Malcolm Gladwell's Method - jaydub
http://online.wsj.com/article/SB122671211614230261.html?mod=article-outset-box
======
fbbwsa
Great interview, I enjoyed both Blink and Tipping Point.

However, I bristle at this: WSJ: Do you worry that you extrapolate too much
from too little? MG: No. It's better to err on the side of over-extrapolation.

I definitely disagree. Overextrapolation is a problem in our society. People
try so hard to find signal where there's only noise, then find some conclusion
and pass it as fact. Eventually someone of consequence believes it and it
ultimately pollutes the information landscape.

Most people don't understand science or statistics, so it frightens me that
spurious correlations (with terrible r^2 values) seem to become new "facts".

I used to work in a genome sequencing lab.

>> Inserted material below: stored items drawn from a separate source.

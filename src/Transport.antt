-- ===== src/Transport.antt =====
-- transport_websocket.go: the reader goroutine, reading, writing and closing, and the translation of
-- a close frame. The connection of gorilla/websocket is the list of what `ReadMessage` returns, and
-- the log of what is done to it; the codecs of the protocol package are parameters.
pub mod Frames
pub mod Reading
use centrifuge_go.Prelude.{
  ℕ, String, Bool, true, false, List, [], ◌∷◌, ◌++◌, Option, none, some, ◌==◌, nat_key, ◌&&◌, ◌||◌,
  not, if◌then◌else◌, ltb, leb, u32,
}
use centrifuge_go.Codes.{
  disconnected_bad_protocol, disconnected_message_size_limit, connecting_transport_closed,
}
use centrifuge_go.Errors.{GoError, Result, ok, err}
use centrifuge_go.Protocol.{Bytes}
use centrifuge_go.State.{Command, Disconnect, ProtocolType, json, protobuf}

-- An error of `ReadMessage`: a `*websocket.CloseError` with its code (an int) and text, or another.
pub data ReadError : Type 0 where
  close_error : ℕ → String → ReadError
  read_error : GoError → ReadError

-- `websocket.CloseMessageTooBig`.
abbrev pub close_message_too_big : ℕ
close_message_too_big = 1009

-- The disconnect for a close frame whose text is no disconnect in JSON.
unfoldable pub disconnect_of_code : ℕ → String → Disconnect
disconnect_of_code code reason =
    let reconnect = ltb code 3500 || (leb 5000 code || (leb 4000 code && ltb code 4500)) in
    if ltb code 3000
    then (if code == close_message_too_big
        then record { code = disconnected_message_size_limit; reason = reason; reconnect = false }
        else record { code = connecting_transport_closed; reason = reason; reconnect = reconnect })
    else record { code = code; reason = reason; reconnect = reconnect }

-- `extractDisconnectWebsocket`; `parse` is `json.Unmarshal` of the text into a disconnect.
unfoldable pub extract_disconnect : (String → Option Disconnect) → ReadError → Option Disconnect
extract_disconnect parse (close_error code text) = elim (parse text) [
  | some d ↦ some d
  | none ↦ some (disconnect_of_code (u32 code) text)
]
extract_disconnect parse (read_error e) = none

-- What is done to the connection.
pub data ConnOp : Type 0 where
  write_close : ConnOp
  close_conn : ConnOp
  set_deadline : ConnOp
  clear_deadline : ConnOp
  write_text write_binary : Bytes → ConnOp

-- `websocketTransport`, over the type of replies. `sent` is what was sent over `reply_ch`, and
-- `ops` the log of the connection; the rest are the fields of the source.
pub record WebsocketTransport {ℓ} (R : Type ℓ) : Type ℓ where
  pub protocol_type : ProtocolType
  pub sent : List R
  pub reply_ch_open : Bool
  pub disconnect : Option Disconnect
  pub closed : Bool
  pub ops : List ConnOp

-- A message as the decoder gives it: its replies, each with whether `closeCh` is chosen when it is
-- to be sent, and whether the decoder ends with EOF, not with another error.
pub record Message {ℓ} (R : Type ℓ) : Type ℓ where
  pub replies : List (Bool × R)
  pub at_eof : Bool

-- What `ReadMessage` returns.
pub data Incoming {ℓ} (R : Type ℓ) : Type ℓ where
  message : Message R → Incoming R
  read_failed : ReadError → Incoming R

abbrev pub decode_failed : Disconnect
decode_failed = record {
  code = disconnected_bad_protocol;
  reason = "decode error";
  reconnect = false;
}

-- The message that `writeData` sends in a protocol.
unfoldable pub frame_of : ProtocolType → Bytes → ConnOp
frame_of json b = write_text b
frame_of protobuf b = write_binary b

module _ {ℓ} {R : Type ℓ} where
  -- `newWebsocketTransport`, once the dial succeeded.
  unfoldable pub new_transport : ProtocolType → WebsocketTransport R
  new_transport type = record {
    protocol_type = type;
    sent = [];
    reply_ch_open = true;
    disconnect = none;
    closed = false;
    ops = [];
  }

  -- `Close`.
  unfoldable pub close_transport : WebsocketTransport R → WebsocketTransport R
  close_transport t =
      if t.closed
      then t
      else record t { closed = true; ops = t.ops ++ (write_close ∷ close_conn ∷ []) }

  -- The deferred calls of the reader.
  unfoldable pub stop_reader : WebsocketTransport R → WebsocketTransport R
  stop_reader t = close_transport (record t { reply_ch_open = false })

  -- The loop over the replies of a message: whether the reader goes on, and what it sent.
  unfoldable pub send_replies : List (Bool × R) → WebsocketTransport R → Bool × WebsocketTransport R
  send_replies [] t = (true, t)
  send_replies ((closing, r) ∷ replies) t =
      let rest = send_replies replies (record t { sent = t.sent ++ (r ∷ []) }) in
      if closing then (false, t) else rest

  -- `reader`. It waits for ever when nothing more comes in.
  unfoldable pub reader :
      (String → Option Disconnect) → List (Incoming R) → WebsocketTransport R → WebsocketTransport R
  reader parse [] t = t
  reader parse (read_failed e ∷ rest) t =
      stop_reader (record t { disconnect = extract_disconnect parse e })
  reader parse (message m ∷ rest) t =
      let (goes_on, t1) = send_replies m.replies t in
      let last = reader parse rest t1 in
      if not goes_on
      then stop_reader t1
      else if m.at_eof
      then last
      else stop_reader (record t1 { disconnect = some decode_failed })

  -- `writeData`, with what `WriteMessage` returns.
  unfoldable pub write_data :
      Bytes → ℕ → Option GoError → WebsocketTransport R → WebsocketTransport R × Option GoError
  write_data b timeout e t =
      let before = if ltb 0 timeout then set_deadline ∷ [] else [] in
      let after = if ltb 0 timeout then clear_deadline ∷ [] else [] in
      (record t { ops = t.ops ++ (before ++ (frame_of t.protocol_type b ∷ after)) }, e)

  -- `Write`; `encode` is the command encoder.
  unfoldable pub write :
      (Command → Result Bytes)
      → Command
      → ℕ
      → Option GoError
      → WebsocketTransport R
      → WebsocketTransport R × Option GoError
  write encode cmd timeout e t = elim (encode cmd) [
    | err x ↦ (t, some x)
    | ok b ↦ write_data b timeout e t
  ]

-- What `Read` returns: a reply, or the end with the disconnect.
pub data ReadOutcome {ℓ} (R : Type ℓ) : Type ℓ where
  got : R → ReadOutcome R
  ended : Option Disconnect → ReadOutcome R

-- What successive calls of `Read` return once the reader has stopped.
unfoldable pub reads {ℓ} : {R : Type ℓ} → List R → Option Disconnect → List (ReadOutcome R)
reads [] d = ended d ∷ []
reads (r ∷ rs) d = got r ∷ reads rs d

DNA has lots of secrets for us to
uncover. DNA might contain clues for discovering genes related to diseases
like Alzheimers. One might extrapolate that genetic code contains the
possibility of understanding or even curing some disease. The problem is thats
a dangerous extrapolation and when it becomes commonplace to believe that
human genome research can rid the world of disease (which some people somehow
subscribe to), we've overstepped some boundaries.

Overextrapolation, as a rule, is not the way to go.

------
Alex3917
Thanks for submitting this, that's a really good interview.